Once the processor has detected the character encoding in use, it can act appropriately, whether by invoking a separate input routine for each case, or by calling the proper conversion function on each character of input.
Like any self-labeling system, the XML encoding declaration will not work if any software changes the XML document's character set or encoding without updating the encoding declaration. Implementors of character-encoding routines should be careful to ensure the accuracy of the internal and external information used to label the XML document.
The second possible case occurs when the XML document is accompanied by
information, as in some file systems and some network protocols. When multiple
sources of information are available, their relative priority and the preferred
method of handling conflict should be specified as part of the higher-level
protocol used to deliver XML. In particular, please refer
to [IETF RFC 2376] or its successor, which defines the
application/xml MIME types and provides some useful guidance.
In the interests of interoperability, however, the following rule is recommended.
If an XML document is in a file, the Byte-Order Mark and encoding declaration are used (if present) to determine the character encoding.
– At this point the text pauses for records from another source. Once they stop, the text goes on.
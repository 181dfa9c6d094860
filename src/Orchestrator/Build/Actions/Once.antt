-- ===== src/Orchestrator/Build/Actions/Once.antt =====
-- What building the actions of a graph does to `scheduled_this_lifetime` of
-- tierkreis/src/orchestrator.rs, from which `find_ready_nodes` knows what was started before.
use tierkreis.Base.{
  ℕ, zero, suc, ◌≤◌, ◌≡◌, inl, inr, refl, Bool, true, false, some, List, [], ◌∷◌, Outcome, ok,
  panic, arith, length, length-append, contains, nat_eq, contains-erase, ◌==◌, Bool-cases,
}
use tierkreis.Location.{node, Location, with_node, component_eq, location_eq}
use tierkreis.State.{Nodes}
use tierkreis.Graph.{PortGraph, NodeDefinition, WorkflowGraph, node_definition, output_idx}
use tierkreis.Orchestrator.Ready.{find_ready_nodes, always_run}
use tierkreis.Orchestrator.Ready.Sound.{find_ready_nodes_lem}
use tierkreis.Orchestrator.Plan.{Action}
use tierkreis.Orchestrator.Build.{Context, Shared, Services, build_pause_action}
use tierkreis.Orchestrator.Build.Actions.{
  build_node, build_nodes, schedule, build_ready, build_step, build_actions_within, build_actions,
  collect_node_states, Build, waits,
}
use tierkreis.Orchestrator.Build.Actions.Keeps.{keeps, definition_keeps}
use tierkreis.Orchestrator.Build.Actions.Marks.{
  schedule_keeps, schedule_marks, longer_location, other_location,
}

module _ {P : PortGraph} {J W : Type 0} (env : Services P J W) where
  module _ (build : Build env) (loc : Location)
      (build_keeps : (context : Context J) (g : WorkflowGraph P J) (shared : Shared P J W)
        → length loc ≤ length context.parent_loc
        → keeps loc shared (build context g shared) ≡ true) where
    module _ (context : Context J) (h : length loc ≤ suc (length context.parent_loc))
        (g : WorkflowGraph P J) (nodes : Nodes)
        (spared : (n : ℕ)
          → waits g nodes context.parent_loc n ≡ true
          → with_node context.parent_loc n == loc ≡ false) where
      build_node_keeps :
          (n : ℕ) (shared : Shared P J W)
          → keeps loc shared (build_node env build context g nodes n shared) ≡ true
      unfolding build_node build_pause_action
      build_node_keeps n shared = grind (
        arith,
        spared n,
        contains-erase (with_node context.parent_loc n) loc shared.scheduled_this_lifetime,
        definition_keeps env build loc build_keeps nodes context h g n,
      )

      build_nodes_keeps :
          (ready : List ℕ) (shared : Shared P J W)
          → keeps loc shared (build_nodes env build context g nodes ready shared) ≡ true
      unfolding build_nodes
      build_nodes_keeps [] shared = ground arith
      build_nodes_keeps (n ∷ ready) shared =
          grind (arith, build_node_keeps n shared, build_nodes_keeps ready)

      -- what is marked, by an earlier call or by this one, stays so
      marked_keeps :
          (n : ℕ) (ready : List ℕ) (shared : Shared P J W)
          → contains (schedule context.parent_loc (n ∷ ready) shared.scheduled_this_lifetime) loc
            ≡ true
          → (actions : List (Action J)) (after : Shared P J W)
          → build_ready env build context g nodes (n ∷ ready) shared ≡ ok (actions, after)
          → contains after.scheduled_this_lifetime loc ≡ true
      unfolding build_ready
      marked_keeps n ready shared k actions after b =
          let marked : Shared P J W = record shared {
            scheduled_this_lifetime =
                schedule context.parent_loc (n ∷ ready) shared.scheduled_this_lifetime;
          } in
          ground (arith, b, k, build_nodes_keeps (n ∷ ready) marked)

      build_ready_keeps :
          (ready : List ℕ) (shared : Shared P J W)
          → keeps loc shared (build_ready env build context g nodes ready shared) ≡ true
      unfolding build_ready
      build_ready_keeps [] shared = ground arith
      build_ready_keeps (n ∷ ready) shared =
          let marked : Shared P J W = record shared {
            scheduled_this_lifetime =
                schedule context.parent_loc (n ∷ ready) shared.scheduled_this_lifetime;
          } in
          ground (
            arith,
            schedule_keeps context.parent_loc (n ∷ ready) shared.scheduled_this_lifetime loc,
            build_nodes_keeps (n ∷ ready) marked,
          )

    longer_keeps :
        (context : Context J)
        → length loc ≤ length context.parent_loc
        → (g : WorkflowGraph P J) (nodes : Nodes) (ready : List ℕ) (shared : Shared P J W)
        → keeps loc shared (build_ready env build context g nodes ready shared) ≡ true
    longer_keeps context h g nodes =
        build_ready_keeps context (omega (arith, h)) g nodes
          (λ n _. longer_location loc context.parent_loc n h)

    step_keeps :
        (context : Context J) (g : WorkflowGraph P J) (shared : Shared P J W)
        → length loc ≤ length context.parent_loc
        → keeps loc shared (build_step env build context g shared) ≡ true
    unfolding build_step
    step_keeps context g shared h = grind (arith, longer_keeps context h g)

  within_keeps :
      (out_of_fuel : Build env)
      → ((loc : Location) (context : Context J) (g : WorkflowGraph P J) (shared : Shared P J W)
          → keeps loc shared (out_of_fuel context g shared) ≡ true)
      → (fuel : ℕ) (loc : Location) (context : Context J) (g : WorkflowGraph P J)
        (shared : Shared P J W)
      → length loc ≤ length context.parent_loc
      → keeps loc shared (build_actions_within env out_of_fuel fuel context g shared) ≡ true
  unfolding build_actions_within
  within_keeps b k zero loc context g shared h = k loc context g shared
  within_keeps b k (suc fuel) loc context g shared h =
      step_keeps (build_actions_within env b fuel) loc (within_keeps b k fuel loc) context g shared
        h

  build_actions_keeps :
      (fuel : ℕ) (loc : Location) (context : Context J) (g : WorkflowGraph P J)
      (shared : Shared P J W)
      → length loc ≤ length context.parent_loc
      → keeps loc shared (build_actions env fuel context g shared) ≡ true
  unfolding build_actions
  build_actions_keeps fuel loc context g shared h =
      within_keeps (λ _ _ _. panic) (λ _ _ _ _. refl) fuel loc context g shared h

  -- a ready node of the graph that does not wait at its breakpoint
  build_step_marks :
      (fuel : ℕ) (context : Context J) (g : WorkflowGraph P J) (shared after : Shared P J W)
      (nodes : Nodes) (ready : List ℕ) (n : ℕ) (actions : List (Action J))
      → contains ready n ≡ true
      → waits g nodes context.parent_loc n ≡ false
      → build_ready env
          (build_actions_within env (λ _ _ _. panic) fuel)
          context
          g
          nodes
          ready
          shared
        ≡ ok (actions, after)
      → contains after.scheduled_this_lifetime (with_node context.parent_loc n) ≡ true
  build_step_marks fuel context g shared after nodes [] n actions c w b = cc
  build_step_marks fuel context g shared after nodes (m ∷ ready) n actions c w b =
      marked_keeps (build_actions_within env (λ _ _ _. panic) fuel) (with_node context.parent_loc n)
        (within_keeps (λ _ _ _. panic) (λ _ _ _ _. refl) fuel (with_node context.parent_loc n))
        context (omega (arith, length-append context.parent_loc (node n ∷ []))) g nodes
        (other_location g nodes context.parent_loc n w) m ready shared
        (schedule_marks context.parent_loc (m ∷ ready) shared.scheduled_this_lifetime n c) actions
        after b

  module _
      (yields : (graph : PortGraph.Graph P) (from : ℕ) (f : ℕ → Outcome Bool)
          (p : ℕ → ℕ → Outcome Bool) (nodes : List ℕ) (n : ℕ)
        → PortGraph.toposort_filtered P graph from f p ≡ ok nodes
        → contains nodes n ≡ true
        → f n ≡ ok true) where
    -- One process starts a task, an input, a constant or the output of a graph at most once in a row:
    -- where the traversal yields only nodes that its node filter accepts, a node that was ready when
    -- the actions of its graph were built, and did not wait at its breakpoint, is not found ready
    -- again with what is scheduled afterwards, whatever the states of the nodes then are.
    pub find_ready_nodes-build_actions :
        (fuel : ℕ) (context : Context J) (g : WorkflowGraph P J) (shared after : Shared P J W)
        (nodes : Nodes) (ready : List ℕ) (n : ℕ) (definition : NodeDefinition J)
        (actions : List (Action J))
        → collect_node_states env context g ≡ ok nodes
        → find_ready_nodes P context.parent_loc g nodes shared.scheduled_this_lifetime ≡ ok ready
        → contains ready n ≡ true
        → node_definition P g n ≡ some definition
        → always_run definition ≡ true
        → waits g nodes context.parent_loc n ≡ false
        → build_actions env (suc fuel) context g shared ≡ ok (actions, after)
        → contains shared.scheduled_this_lifetime (with_node context.parent_loc (output_idx P g))
          ≡ false
        → (later : Nodes) (ready' : List ℕ)
        → find_ready_nodes P context.parent_loc g later after.scheduled_this_lifetime ≡ ok ready'
        → contains ready' n ≡ false
    unfolding build_actions build_actions_within build_step
    find_ready_nodes-build_actions fuel context g shared after nodes ready n definition actions
          collected found c defined always w b open_output later ready' found' =
        let marked =
          build_step_marks fuel context g shared after nodes ready n actions c w
            (ground (arith, b, collected, found, open_output)) in
        elim (Bool-cases (contains ready' n)) [
          | inl again ↦
              let start =
                find_ready_nodes_lem P yields context.parent_loc g later
                  after.scheduled_this_lifetime n found' again in
              absurd (ground (arith, start.defined, defined, always, marked, start.unscheduled))
          | inr e ↦ e
        ]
All other heuristics and sources of information are solely for error recovery.
If an XML document is delivered with a MIME type of text/xml, then
charset parameter on the MIME type determines the character
encoding method; all other heuristics and sources of information are solely
for error recovery.
If an XML document is delivered with a MIME type of application/xml, then the Byte-Order Mark and encoding-declaration PI are used (if present) to determine the character encoding. All other heuristics and sources of information are solely for error recovery.
These rules apply only in the absence of protocol-level documentation; in particular, when the MIME types text/xml and application/xml are defined, the recommendations of the relevant RFC will supersede these rules.